IMG_3594The gentle plucking of an acoustic guitar and rolling percussion fill the tent. Most turn a deaf ear to the customary sounds of house music as a concert commences. The lights were low and the stage empty, instruments waiting to be played, microphones eager to be sung into. A baby-voiced vocal adds character to the instrumentation, a singer with a distinctive bite. It’s a forty-one year old classic recording, a composition we’ve all dug into time and again. When the two-and-a-half minute ballad draws to a close, the audience erupts. The band files in and begins.

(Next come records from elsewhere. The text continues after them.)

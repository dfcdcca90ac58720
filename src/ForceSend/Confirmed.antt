-- ===== src/ForceSend/Confirmed.antt =====
-- When `ForceSendTx` of pkg/test_utils/solana.go returns.
use text.Mathlib.TextEquality.{eq_iff}
use tax_bro.Prelude.{
  ◌≡◌, ◌≢◌, refl, sym, ◌∙◌, Bool, true, false, Bool-cases, inl, inr, List, [], ◌∷◌, ◌++◌, Option,
  none, some, String, eq_string, ◌==◌, if◌then◌else◌, ok, ok-injective, >>=-eq-ok, must, arith,
}
use tax_bro.Rpc.{index}
use tax_bro.ForceSend.{
  Status, processed, confirmed, finalized, Answer, not_found, failed, values, Client,
  zero_signature, send_round, Sender, beginning, looping, storing, stopped, Watcher, watching,
  asking, returned, Sending, nothing_sent, stored_signature, sender_step, status_step, answer_step,
  watcher_step, sends, watches, Runs, begin, go, IsDone,
}

-- The first signature of the first transaction sent, of those with a signature that is not zero.
abbrev pub first_of : List (List String) → String
first_of [] = zero_signature
first_of ([] ∷ sent) = first_of sent
first_of ((x ∷ xs) ∷ sent) = if x == zero_signature then first_of sent else x

first_of-unsigned : (sent : List (List String)) → first_of (sent ++ [] ∷ []) ≡ first_of sent
first_of-unsigned [] = refl
first_of-unsigned ([] ∷ sent) = first_of-unsigned sent
first_of-unsigned ((x ∷ xs) ∷ sent) = ground (arith, first_of-unsigned sent)

first_of-signed :
    (sent : List (List String)) (y : String) (ys : List String)
    → first_of (sent ++ (y ∷ ys) ∷ [])
      ≡ (if first_of sent == zero_signature then y else first_of sent)
first_of-signed [] y ys =
    ground (arith, eq_iff y zero_signature, eq_iff zero_signature zero_signature)
first_of-signed ([] ∷ sent) y ys = first_of-signed sent y ys
first_of-signed ((x ∷ xs) ∷ sent) y ys = ground (arith, first_of-signed sent y ys)

-- The shared signature is that of what was stored so far.
abbrev pub Stores : Sender → List (List String) → String → Type 0
Stores beginning sent signature = (sent ≡ []) × (signature ≡ zero_signature)
Stores (looping r) sent signature = signature ≡ first_of sent
Stores (storing r sigs) sent signature =
    (old : List (List String)) × (sent ≡ old ++ sigs ∷ []) × (signature ≡ first_of old)
Stores stopped sent signature = signature ≡ first_of sent

-- The second goroutine asks for the shared signature, and has returned only when it was reported as
-- confirmed and the context was cancelled.
abbrev pub Asks : Watcher → String → List (String × Status) → Bool → Type 0
Asks watching signature reported cancelled = Unit
Asks (asking x) signature reported cancelled =
    (x ≡ signature) × ((signature == zero_signature) ≡ false)
Asks returned signature reported cancelled =
    (front back : List (String × Status)) × (reported ≡ front ++ (signature, confirmed) ∷ back)
    × ((signature == zero_signature) ≡ false)
    × (cancelled ≡ true)

pub record Inv (s : Sending) : Type 0 where
  pub stores : Stores s.sender s.sent s.signature
  pub asks : Asks s.watcher s.signature s.reported s.cancelled

-- A signature that is there stays.
stored_signature-kept :
    (signature : String) (sigs : List String) {new : String}
    → stored_signature signature sigs ≡ ok new
    → (signature == zero_signature) ≡ false
    → signature ≡ new
stored_signature-kept signature sigs e there = ok-injective (rw there at e)

stored_signature-first_of :
    (old : List (List String)) (sigs : List String) {new : String}
    → stored_signature (first_of old) sigs ≡ ok new
    → new ≡ first_of (old ++ sigs ∷ [])
stored_signature-first_of old sigs {new} e = elim (Bool-cases (first_of old == zero_signature)) [
  | inl missing ↦ from_index sigs (rw missing at e) missing
  | inr there ↦ sym (ok-injective (rw there at e)) ∙ from_old sigs there
]
  where
    from_index :
        (sigs : List String)
        → index sigs 0 ≡ ok new
        → (first_of old == zero_signature) ≡ true
        → new ≡ first_of (old ++ sigs ∷ [])
    from_index [] e missing = cc
    from_index (x ∷ xs) e missing =
        sym (ok-injective e) ∙ sym (first_of-signed old x xs ∙ rw missing refl)

    from_old :
        (sigs : List String)
        → (first_of old == zero_signature) ≡ false
        → first_of old ≡ first_of (old ++ sigs ∷ [])
    from_old [] there = sym (first_of-unsigned old)
    from_old (x ∷ xs) there = sym (first_of-signed old x xs ∙ rw there refl)

Asks-stored :
    (watcher : Watcher) (signature : String) (sigs : List String)
    (reported : List (String × Status)) (cancelled : Bool) {new : String}
    → stored_signature signature sigs ≡ ok new
    → Asks watcher signature reported cancelled
    → Asks watcher new reported cancelled
Asks-stored watching signature sigs reported cancelled e a = tt
Asks-stored (asking x) signature sigs reported cancelled e a =
    rw (← stored_signature-kept signature sigs e a.1) a
Asks-stored returned signature sigs reported cancelled e a =
    rw (← stored_signature-kept signature sigs e a.3) a

sender_step-Inv :
    (client : Client) (sender : Sender) (s : Sending) {t : Sending}
    → Stores sender s.sent s.signature
    → Asks s.watcher s.signature s.reported s.cancelled
    → s.sender ≡ sender
    → sender_step client sender s ≡ ok t
    → Inv t
unfolding sender_step
sender_step-Inv client beginning s stores asks at e =
    let (blockhash, got, e₁) = >>=-eq-ok (must client.get_latest_blockhash) _ e in
    rw (← ok-injective e₁) (record { stores = rw (stores.0, stores.1) refl; asks = asks })
sender_step-Inv client (looping r) s stores asks at e = elim (Bool-cases s.cancelled) [
  | inl ended ↦
      rw (← ok-injective (rw ended at e)) (record { stores = stores; asks = rw ended at asks })
  | inr going ↦
      let ((r', sigs), sent, e₁) = >>=-eq-ok (send_round client r) _ (rw going at e) in
      rw (← ok-injective e₁) (record { stores = (s.sent, refl, stores); asks = rw going at asks })
]
sender_step-Inv client (storing r sigs) s (old, sent, own) asks at e =
    let (new, stored, e₁) = >>=-eq-ok (stored_signature s.signature sigs) _ e in
    rw (← ok-injective e₁) (record {
      stores = rw sent (stored_signature-first_of old sigs (rw own at stored));
      asks = Asks-stored s.watcher s.signature sigs s.reported s.cancelled stored asks;
    })
sender_step-Inv client stopped s stores asks at e =
    rw (← ok-injective e) (record { stores = rw at stores; asks = asks })

status_step-Inv :
    (x : String) (status : Option Status) (s : Sending)
    → Stores s.sender s.sent s.signature
    → (x ≡ s.signature) × ((s.signature == zero_signature) ≡ false)
    → Inv (status_step x status s)
status_step-Inv x none s stores own = record { stores = stores; asks = tt }
status_step-Inv x (some confirmed) s stores own = record {
  stores = stores;
  asks = (s.reported, [], rw own.0 refl, own.1, refl);
}
status_step-Inv x (some processed) s stores own = record { stores = stores; asks = tt }
status_step-Inv x (some finalized) s stores own = record { stores = stores; asks = tt }

answer_step-Inv :
    (x : String) (answer : Answer) (s : Sending) {t : Sending}
    → Stores s.sender s.sent s.signature
    → (x ≡ s.signature) × ((s.signature == zero_signature) ≡ false)
    → answer_step x answer s ≡ ok t
    → Inv t
answer_step-Inv x not_found s stores own e =
    rw (← ok-injective e) (record { stores = stores; asks = tt })
answer_step-Inv x failed s stores own e = cc
answer_step-Inv x (values statuses) s stores own e =
    let (status, got, e₁) = >>=-eq-ok (index statuses 0) _ e in
    rw (← ok-injective e₁) (status_step-Inv x status s stores own)

watcher_step-Inv :
    (client : Client) (watcher : Watcher) (s : Sending) {t : Sending}
    → Stores s.sender s.sent s.signature
    → Asks watcher s.signature s.reported s.cancelled
    → s.watcher ≡ watcher
    → watcher_step client watcher s ≡ ok t
    → Inv t
unfolding watcher_step
watcher_step-Inv client watching s stores asks at e =
    elim (Bool-cases (s.signature == zero_signature)) [
      | inl missing ↦ rw (← ok-injective e) (record { stores = stores; asks = rw missing tt })
      | inr there ↦
          rw (← ok-injective e) (record { stores = stores; asks = rw there (refl, there) })
    ]
watcher_step-Inv client (asking x) s stores asks at e =
    answer_step-Inv x (client.get_signature_statuses x) s stores asks e
watcher_step-Inv client returned s stores asks at e =
    rw (← ok-injective e) (record { stores = stores; asks = rw at asks })

pub Runs-Inv : {s : Sending} → Runs nothing_sent s → Inv s
Runs-Inv begin = record { stores = (refl, refl); asks = tt }
Runs-Inv (go {t = s} r (sends client e)) =
    let inv = Runs-Inv r in sender_step-Inv client s.sender s inv.stores inv.asks refl e
Runs-Inv (go {t = s} r (watches client e)) =
    let inv = Runs-Inv r in watcher_step-Inv client s.watcher s inv.stores inv.asks refl e

-- However the two goroutines interleave, and whatever the client and the clock answer, the function
-- has returned only if the first signature of the transactions that it sent was reported as
-- confirmed: no other status of it, and no status of a transaction that was sent later, ends it.
pub IsDone-confirmed :
    {s : Sending}
    → Runs nothing_sent s
    → IsDone s
    → (front back : List (String × Status)) × (s.reported
        ≡ front ++ (first_of s.sent, confirmed) ∷ back)
      × (first_of s.sent ≢ zero_signature)
IsDone-confirmed {s} r done =
    let inv = Runs-Inv r in
    let own : s.signature ≡ first_of s.sent = rw done.sender at inv.stores in
    let (front, back, found, there, ended) = rw done.watcher at inv.asks in
    (front, back, rw own at found, λ e. ground (arith, own, eq_iff s.signature zero_signature))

More light procession fills the tent. The sounds are different this time, subtly so, modernized with handclaps. The singer, with her sandy blonde hair back in a ponytail adorning dark jeans and a white Keith Richards tank under a white vest is handed a guitar. She makes her way to the microphone for a seemingly endless parade of “ohohohohohs” before launching into, “a friend gave me your number…”

The delicate connection between the two songs is missed, if you weren’t aware Jennifer Nettles and Butch Walker wrote “That Girl” as an answer song to Dolly Parton’s “Jolene,” which filled the air before the band took the stage. Little connections like that were the benchmark of the evening, as Nettles gifted the crowed a lengthy set that had the audience in the palm of her hand.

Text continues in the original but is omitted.